Malinda G. Zuckerman, Chelsea P. Scott, Ramon Arrowsmith, Rachel N. Adam, Christopher M. Madugo, Rich D. Koehler, & Albert R. Kottke
Poster Image: 

Poster Presentation

2023 SCEC Annual Meeting, Poster #071, SCEC Contribution #13215 VIEW PDF
Active fault mapping is critical to surface rupture hazard analysis and scientific study. Geologists commonly map active faults from remote sensing datasets by interpreting tectonic landforms formed from past earthquakes. However, evidence is not always straightforward to observe or interpret; even fault maps made by experts can differ. We seek to understand the variability in active fault trace mapping by observers with varying experience. Results will improve the development of standardized mapping practices and quantify epistemic mapping uncertainty. We define epistemic uncertainty as a gap in knowledge of the natural model (fault surface expression). An individual’s understanding of the ...natural model is impacted by their experience and people with similar experiences can interpret areas differently.

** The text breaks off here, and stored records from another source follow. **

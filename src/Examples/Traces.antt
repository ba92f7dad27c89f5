-- ===== src/Examples/Traces.antt =====
-- A listing of two files behind the trace of an import that has a candidate and was not found, by a grammar that
-- matches these lines and the patterns without groups.
use rules_typescript.Base.{false, Option, none, some, [], ◌∷◌, ◌++◌, if◌then◌else◌, ◌≡◌, refl}
use rules_typescript.Base.Text.{Text, codes, text_eq, has_prefix}
use rules_typescript.ExplainFiles.{import}
use rules_typescript.ExplainFiles.Reasons.{ok, malformed}
use rules_typescript.ExplainFiles.Traces.{Grammar}
use rules_typescript.ExplainFiles.Parse.{parse}
use rules_typescript.ExplainFiles.Lines.{Holds}
use rules_typescript.ExplainFiles.Listed.{IsListing, parse-IsListed}
use rules_typescript.ExplainFiles.Absolute.{IsAbsolute, parse-IsAbsolute}

abbrev plain : Text → Text → Option (Text × Text)
plain pattern reason = if text_eq pattern reason then some ([], []) else none

abbrev start_line : Text
start_line = codes "======== Resolving module 'x' from '/a.ts'. ========"

abbrev candidate_line : Text
candidate_line = codes "Loading module as file / folder, candidate module location '/x'."

abbrev end_line : Text
end_line = codes "======== Module name 'x' was not resolved. ========"

abbrev grammar : Grammar
grammar = record {
  resolution_start =
      λ line. if text_eq line start_line then some ((codes "x", codes "/a.ts"), ([], [])) else none;
  resolution_end = λ line.
      if text_eq line end_line
      then some ((codes "Module name", codes "x"), (codes "not resolved", []))
      else none;
  missing_file_probe = λ line. none;
  package_target = λ line. none;
  candidate_location = λ line. if text_eq line candidate_line then some (codes "/x") else none;
  path_substitution = λ line. none;
  diagnostic_line = λ line. false;
  missing_reference = λ line. none;
  find = plain;
  is_abs = λ path. has_prefix path (codes "/");
}

abbrev listed : Text
listed =
    start_line
    ++ (b'\n'
        ∷ (candidate_line
            ++ (b'\n'
                ∷ (end_line
                    ++ codes
                        "\na.ts\n   Root file specified for compilation\nb.ts\r\n   Default library\n"))))

accepted :
    parse grammar listed
    ≡ ok (record {
      files = codes "a.ts" ∷ codes "b.ts" ∷ [];
      roots = codes "a.ts" ∷ [];
      edges = [];
      types = [];
      implicit = [];
      diagnostics = [];
      unresolved =
          record { kind = import; from = codes "/a.ts"; specifier = codes "x"; candidates = [] }
          ∷ [];
      resolutions = [];
      candidates =
          record { kind = import; from = codes "/a.ts"; specifier = codes "x"; path = codes "/x" }
          ∷ [];
      package_targets = [];
    })
unfolding parse
accepted = refl

unknown_reason : parse grammar (codes "a.ts\n   Because\n") ≡ malformed
unfolding parse
unknown_reason = refl

unfinished : parse grammar start_line ≡ malformed
unfolding parse
unfinished = refl

parse-IsListed_example : Holds IsListing (parse grammar listed)
parse-IsListed_example = parse-IsListed grammar listed

parse-IsAbsolute_example : Holds (IsAbsolute grammar) (parse grammar listed)
parse-IsAbsolute_example = parse-IsAbsolute grammar listed
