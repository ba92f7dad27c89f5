-- ===== src/Npm.antt =====
-- The npm side of the Gazelle extension: gazelle/npm.go and gazelle/pnpm_lock.go.
pub mod Names
pub mod Lock
pub mod Importers
pub mod Edges
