-- ===== src/Npm/Edges.antt =====
-- The labels that gazelle/npm.go gives the edges into node_modules and a manifest's names. What
-- the functions log is not modelled; where they log, the label is "".
use rules_typescript.Base.{
  Bool, true, false, not, ◌&&◌, ◌||◌, Option, none, some, List, [], ◌∷◌, ◌++◌, if◌then◌else◌, ltb,
  length,
}
use rules_typescript.Base.Text.{Text, codes, text_eq}
use rules_typescript.Base.Map.{lookup, has_key, member}
use rules_typescript.Base.GoPath.{parent_dir}
use rules_typescript.ExplainFiles.{Edge, EdgeKind, type_reference, module_specifier}
use rules_typescript.Files.{first_party, is_declaration_file}
use rules_typescript.Npm.Names.{
  npm_package_name, is_bare_specifier, bare_package_name, types_package,
}
use rules_typescript.Npm.Importers.{
  Manifest, NpmLock, importer_above, link_of, npm_label, importer_declaring, declaring, label,
  member_name,
}

abbrev is_type_reference : EdgeKind → Bool
is_type_reference type_reference = true
is_type_reference _ = false

abbrev labelled : Text → Option Text → Text
labelled name none = []
labelled name (some imp) = npm_label imp name

unfoldable pub chain_types_label : NpmLock → Edge → Text → Text
unfolding npm_package_name types_package declaring
chain_types_label l e pkg =
    let name = npm_package_name e.to in
    if not (is_type_reference e.kind) || not (text_eq name (types_package e.specifier))
    then []
    else labelled name (declaring l name pkg)

unfoldable pub edge_name : NpmLock → Edge → Text
unfolding npm_package_name bare_package_name is_bare_specifier module_specifier
edge_name l e =
    let name = npm_package_name e.to in
    let bare = bare_package_name e.specifier in
    if module_specifier e.kind && is_bare_specifier e.specifier
    then (if member bare l.names || not (member name l.names) then bare else name)
    else name

abbrev is_some {ℓ} : {A : Type ℓ} → Option A → Bool
is_some none = false
is_some (some a) = true

unfoldable pub runtime_package : NpmLock → Edge → Option Manifest → Bool → Text × Bool
unfolding module_specifier is_bare_specifier is_declaration_file bare_package_name member_name
    declaring
runtime_package l e m generated =
    if not (module_specifier e.kind)
      || not (is_bare_specifier e.specifier)
      || not (is_declaration_file e.to) && not generated
    then ([], false)
    else let name = bare_package_name e.specifier in
      if has_key name l.members
      then (member_name l e.specifier m, true)
      else if is_some (declaring l name (parent_dir e.from))
      then (name, false)
      else ([], false)

-- The names that `edgeImporter` looks up, each with whether it is a member's.
unfoldable pub edge_lookups : NpmLock → Edge → Option Manifest → Bool → List (Text × Bool)
unfolding npm_package_name member_name runtime_package edge_name
edge_lookups l e m generated =
    let listed = npm_package_name e.to in
    let as_member = member_name l e.specifier m in
    let (name, is_member) = runtime_package l e m generated in
    (listed, false)
    ∷ (if not (text_eq as_member [])
        then (as_member, true) ∷ []
        else if not (text_eq name [])
        then (name, is_member) ∷ []
        else if not (text_eq listed [])
        then (edge_name l e, false) ∷ []
        else [])

abbrev other_supplier : Text → Option Text → Bool
other_supplier dir none = true
other_supplier dir (some consumer) = not (text_eq consumer dir)

-- One round: the deeper scope, and whether the consumer lacks that importer.
abbrev wider : Text → Option Text → Text × Bool → Text × Bool
wider dir consumer (scope, needed) =
    (if ltb (length scope) (length dir) then dir else scope, needed || other_supplier dir consumer)

unfoldable pub lookup_loop : NpmLock → Text → Text → List (Text × Bool) → Text × Bool → Text × Bool
unfolding importer_declaring
lookup_loop l from pkg [] s = s
lookup_loop l from pkg ((name, is_member) ∷ names) s = lookup_loop l from pkg names (
    if text_eq name [] then s else elim (importer_declaring l name (parent_dir from) is_member) [
      | none ↦ s
      | some dir ↦ wider dir (importer_declaring l name pkg is_member) s
    ])

unfoldable pub edge_importer : NpmLock → Edge → Option Manifest → Text → Bool → Text × Bool
unfolding first_party edge_lookups lookup_loop
edge_importer l e m pkg generated =
    if not (first_party e.from)
    then ([], false)
    else lookup_loop l e.from pkg (edge_lookups l e m generated) ([], false)

-- `label.New("", dir, name).Rel("", pkg).String()` of bazel-gazelle.
module _ (rel_label : Text → Text → Text → Text) where
  member_at : NpmLock → Text → Text → Option Text → Text
  unfolding label lookup
  member_at l name pkg none = []
  member_at l name pkg (some dir) =
      if not (text_eq (link_of (lookup dir l.importers) name) [])
      then rel_label dir (codes "node_modules/" ++ name) pkg
      else label l name dir

  unfoldable pub member_label : NpmLock → Text → Text → Text → Text
  unfolding member_at importer_declaring
  member_label l name origin pkg = member_at l name pkg (importer_declaring l name origin true)

  unfoldable pub node_modules_label : NpmLock → Text → Text
  unfolding importer_above
  node_modules_label l pkg = rel_label (importer_above l pkg) (codes "node_modules") pkg

  -- `none` is its `false`.
  unfoldable pub member_view : NpmLock → Text → Text → Text → Option Manifest → Option Text
  unfolding member_name member_label
  member_view l spec file pkg m =
      let name = member_name l spec m in
      let view = member_label l name (parent_dir file) pkg in
      if text_eq name [] || text_eq view [] then none else some view

  unfoldable pub edge_label : NpmLock → Edge → Text → Option Manifest → Text
  unfolding first_party chain_types_label member_view edge_name label
  edge_label l e pkg m =
      if not (first_party e.from)
      then chain_types_label l e pkg
      else elim (member_view l e.specifier e.from pkg m) [
        | some view ↦ view
        | none ↦
            let name = edge_name l e in
            if not (member name l.names) then [] else label l name (parent_dir e.from)
      ]

  unfoldable pub manifest_names : NpmLock → Text → Text → List Text → List Text
  unfolding member_label label
  manifest_names l dir pkg [] = []
  manifest_names l dir pkg (name ∷ names) =
      let rest = manifest_names l dir pkg names in
      if has_key name l.members
      then (let lbl = member_label l name pkg pkg in
          if not (text_eq lbl []) then lbl ∷ rest else rest)
      else if member name l.names
      then label l name dir ∷ rest
      else rest

  unfoldable pub manifest_labels : NpmLock → Option Manifest → Text → List Text
  unfolding manifest_names
  manifest_labels l none pkg = []
  manifest_labels l (some m) pkg = manifest_names l m.dir pkg m.deps
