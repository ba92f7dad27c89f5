-- ===== src/Owner/Data.antt =====
-- gazelle/generate.go: the regular files of a package that no listing decides.
use rules_typescript.Base.{
  ◌+◌, Bool, false, not, ◌&&◌, ◌||◌, List, [], ◌∷◌, ◌++◌, if◌then◌else◌, leb,
}
use rules_typescript.Base.Text.{Text, codes, text_eq}
use rules_typescript.Base.Map.{NameSet, lookup, member, keys}
use rules_typescript.Base.Sort.{sort_strings}
use rules_typescript.Base.GoPath.{ext, join_path}
use rules_typescript.Files.{dir_is_ancestor_of}
use rules_typescript.Owner.{ProgramStore, flag_at, set_at, text_at, nearest_package}

-- `strings.ToLower`, on the letters that an extension of a program has.
unfoldable pub lower : Text → Text
lower [] = []
lower (c ∷ s) = let rest = lower s in if leb b'A' c && leb c b'Z' then (c + 32) ∷ rest else c ∷ rest

abbrev program_extensions : NameSet
program_extensions =
    codes ".js"
    ∷ codes ".jsx"
    ∷ codes ".mjs"
    ∷ codes ".cjs"
    ∷ codes ".ts"
    ∷ codes ".tsx"
    ∷ codes ".mts"
    ∷ codes ".cts"
    ∷ []

unfoldable pub program_candidate : Text → Bool
unfolding lower ext member
program_candidate name = member (lower (ext name)) program_extensions

-- `codegen_writes` and `config_path` are the caller's, at the package.
module _ (codegen_writes : Text → Bool) (config_path : Text → Text) (s : ProgramStore) where
  -- The switch: whether a file of a directory is data of the package.
  unfoldable pub is_data : Text → Text → Text → Bool
  unfolding program_candidate join_path
  is_data pkg dir f =
      if text_eq f (codes "BUILD.bazel")
        || text_eq f (codes "BUILD")
        || text_eq f (codes "package.json")
        || program_candidate f
      then false
      else if text_eq (join_path dir f) (config_path pkg)
          || text_eq dir pkg && text_eq f (codes "tsconfig.json")
      then false
      else not (codegen_writes (join_path dir f))

  unfoldable pub data_in : Text → Text → List Text → List Text
  unfolding is_data join_path
  data_in pkg dir [] = []
  data_in pkg dir (f ∷ fs) =
      let rest = data_in pkg dir fs in if is_data pkg dir f then join_path dir f ∷ rest else rest

  -- The directories of the package: walked, its own repository's, at or below it, and no deeper
  -- package's.
  unfoldable pub is_package_dir : Text → Text → Bool
  unfolding lookup dir_is_ancestor_of nearest_package
  is_package_dir pkg dir =
      flag_at (lookup dir s.walked)
      && text_eq (text_at (lookup dir s.foreign)) []
      && (text_eq dir pkg || dir_is_ancestor_of pkg dir)
      && text_eq (nearest_package s dir) pkg

  unfoldable pub data_loop : Text → List Text → List Text
  unfolding is_package_dir data_in lookup
  data_loop pkg [] = []
  data_loop pkg (dir ∷ dirs) =
      let rest = data_loop pkg dirs in
      if is_package_dir pkg dir then data_in pkg dir (set_at (lookup dir s.files)) ++ rest else rest

  unfoldable pub data_files : Text → List Text
  unfolding data_loop keys sort_strings
  data_files pkg = data_loop pkg (sort_strings (keys s.files))
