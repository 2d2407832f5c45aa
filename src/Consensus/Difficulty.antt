-- ===== src/Consensus/Difficulty.antt =====
-- Difficulty: the compact encoding of targets in core/src/pow/common.rs and the adjustment rules of
-- core/src/consensus.rs. A BigUint is a number; `bits`, its length in bits, is from the num crate and
-- an argument. `none` stands for a panic, in `compact_to_biguint` also for the code's own `None`.
pub mod Total
mod Runs
use vcash.Prelude.{
  ℕ, zero, suc, ◌+◌, ◌-◌, ◌*◌, ◌/◌, ◌%◌, ◌^◌, min, max, Bool, true, false, not, ◌&&◌, ◌||◌, List,
  [], ◌∷◌, map, Option, none, some, ltb, leb, ◌==◌, if◌then◌else◌, wrap64, sub64, u64_mod,
}
use vcash.Consensus.Params.{
  ChainType, min_bit_diff, support_token_height, block_time_window, difficulty_adjust_window,
  year_height,
}

abbrev pub header_version : ChainType → ℕ → ℕ
header_version chain height = if ltb height (support_token_height chain) then 1 else 2

abbrev pub valid_header_version : ChainType → ℕ → ℕ → Bool
valid_header_version chain height version = version == header_version chain height

abbrev pub then_if {ℓ} : {A : Type ℓ} → Bool → Option A → Option A
then_if true r = r
then_if false r = none

abbrev pub and_then {ℓ κ} : {A : Type ℓ} {B : Type κ} → Option A → (A → Option B) → Option B
and_then none k = none
and_then (some a) k = k a

-- The mantissa is the low 23 bits of the word, its sign the bit above, the size the highest byte.
unfoldable pub compact_to_biguint : ℕ → Option ℕ
compact_to_biguint nbits =
    let size = nbits / 2 ^ 24 in
    let low = nbits % 2 ^ 23 in
    let small = leb size 3 in
    let word = if small then low / 2 ^ (8 * (3 - size)) else low in
    let bignum = if small then word else word * 2 ^ (8 * (size - 3)) in
    let nonzero = not (word == 0) in
    let negative = nonzero && ((nbits / 2 ^ 23) % 2 == 1) in
    let overflow =
      nonzero
      && (ltb 34 size || ((ltb 0xff word && ltb 33 size) || (ltb 0xffff word && ltb 32 size))) in
    if negative then none else (if overflow then none else some bignum)

-- The low 64 bytes, which must fit a 64-bit word.
abbrev pub get_biguint_low64 : ℕ → Option ℕ
get_biguint_low64 bignum = let low = bignum % 2 ^ 512 in if ltb low u64_mod then some low else none

-- A mantissa with the bit of the sign set is cut by a byte.
abbrev pub shift_out_sign : ℕ → ℕ → ℕ × ℕ
shift_out_sign compact size =
    if (compact / 2 ^ 23) % 2 == 1 then (compact / 2 ^ 8, size + 1) else (compact, size)

-- The two assertions, and the word put together: its parts share no bit.
abbrev pub pack : Bool → ℕ × ℕ → Option ℕ
pack negative (compact, size) =
    then_if (ltb compact (2 ^ 23) && ltb size 256)
      (some (compact + size * 2 ^ 24 + (if negative && not (compact == 0) then 2 ^ 23 else 0)))

-- The time that a window took, held within a quarter of its aim and four times its aim.
unfoldable pub adjust_time : ℕ → ℕ
adjust_time ts_delta =
    if ltb (block_time_window * 4) ts_delta
    then block_time_window * 4
    else (if ltb ts_delta (block_time_window / 4) then block_time_window / 4 else ts_delta)

module _ (bits : ℕ → ℕ) where
  abbrev pub mantissa : ℕ → ℕ → Option ℕ
  mantissa bignum size =
      if leb size 3
      then and_then (get_biguint_low64 bignum)
          (λ low. some (wrap64 (low * 2 ^ (8 * (3 - size))) % 2 ^ 32))
      else and_then (get_biguint_low64 (bignum / 2 ^ (8 * (size - 3)))) (λ low. some (low % 2 ^ 32))

  unfoldable pub biguint_to_compact : ℕ → Bool → Option ℕ
  biguint_to_compact bignum negative =
      let size = (bits bignum + 7) / 8 in
      and_then (mantissa bignum size) (λ compact. pack negative (shift_out_sign compact size))

  -- The block times are signed 64-bit words in two's complement, and their difference is read as an
  -- unsigned word.
  unfoldable pub next_bit_difficulty : ChainType → ℕ → ℕ → ℕ → ℕ → Option ℕ
  next_bit_difficulty chain cur_height cur_bits cur_block_time first_block_time =
      if not (wrap64 (cur_height + 1) % difficulty_adjust_window == 0)
      then some cur_bits
      else and_then (compact_to_biguint cur_bits) (λ target.
        and_then
          (biguint_to_compact
            (target * adjust_time (sub64 cur_block_time first_block_time) / block_time_window)
            false)
          (λ compact. some (min (min_bit_diff chain) compact)))

pub record HeaderInfo : Type 0 where
  pub block_hash : ℕ
  pub timestamp : ℕ
  pub difficulty : ℕ
  pub secondary_scaling : ℕ
  pub is_secondary : Bool

abbrev pub from_diff_scaling : ℕ → ℕ → HeaderInfo
from_diff_scaling difficulty secondary_scaling = record {
  block_hash = 0;
  timestamp = 1;
  difficulty = difficulty;
  secondary_scaling = secondary_scaling;
  is_secondary = true;
}

-- The testing difficulty and a scaling of 1, whatever the height and the past blocks.
abbrev pub next_difficulty : ℕ → List HeaderInfo → HeaderInfo
next_difficulty height cursor = from_diff_scaling 1 1

abbrev pub secondary_pow_ratio : ℕ → ℕ
secondary_pow_ratio height = 90 - height / (2 * year_height / 90)

abbrev pub damp : ℕ → ℕ → ℕ → ℕ
damp actual goal damp_factor = wrap64 (actual + wrap64 ((damp_factor - 1) * goal)) / damp_factor

abbrev pub clamp : ℕ → ℕ → ℕ → ℕ
clamp actual goal clamp_factor =
    max (goal / clamp_factor) (min actual (wrap64 (goal * clamp_factor)))

abbrev pub count_secondary : List HeaderInfo → ℕ
count_secondary [] = 0
count_secondary (h ∷ hs) =
    let rest = count_secondary hs in if h.is_secondary then suc rest else rest

abbrev pub ar_count : ℕ → List HeaderInfo → ℕ
ar_count height diff_data = 100 * count_secondary diff_data

abbrev pub sum : List ℕ → ℕ
sum [] = 0
sum (x ∷ xs) = x + sum xs

unfoldable pub secondary_pow_scaling : ℕ → List HeaderInfo → ℕ
secondary_pow_scaling height diff_data =
    let scale_sum = sum (map (λ (h : HeaderInfo). h.secondary_scaling) diff_data) in
    let target_pct = secondary_pow_ratio height in
    let target_count = difficulty_adjust_window * target_pct in
    let adj_count = clamp (damp (ar_count height diff_data) target_count 13) target_count 2 in
    let scale = wrap64 (scale_sum * target_pct) / max 1 adj_count in max 13 scale % 2 ^ 32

To evaluate the effect of epistemic uncertainty on mapped active fault trace locations, 23 mappers of varying experience levels produced fault maps from pre-rupture topography and imagery. Mappers include 4 undergraduate students, 11 graduate students, 2 postdocs, and 3 mid- and 3 senior-level professional consulting geologists. They used a systematic approach to map faults based on geomorphology.

We compared the pre-rupture fault maps to published coseismic ruptures. We evaluated the 1) percentage of coseismic ruptures predicted by the mapped faults, 2) percentage of the mapped faults that ruptured, 3) distribution of the mapped faults around coseismic ruptures, and 4) impact of data type and a geologic map. We found surprisingly small improvement by experience level in the portion of ruptures predicted and mapped faults that ruptured. Less experienced mappers misinterpreted geomorphology and mapped incorrect faults. No participant group outperformed the others except for one mapping area where consultants were better. For rupture locations near geomorphic features, we found that consultants best predicted the rupture location and the undergraduate students mapped with the highest error.

Mappers of all experience levels were most successful with the high-resolution topography. Aerial imagery was of little use in areas with high vegetation and anthropogenic activity. Adding a geologic map did not result in better maps.

Our analyses demonstrate that fault mapping is a challenging endeavor, regardless of expertise. Epistemic uncertainty must be accounted for when creating and applying active fault maps, especially for surface rupture hazard assessments.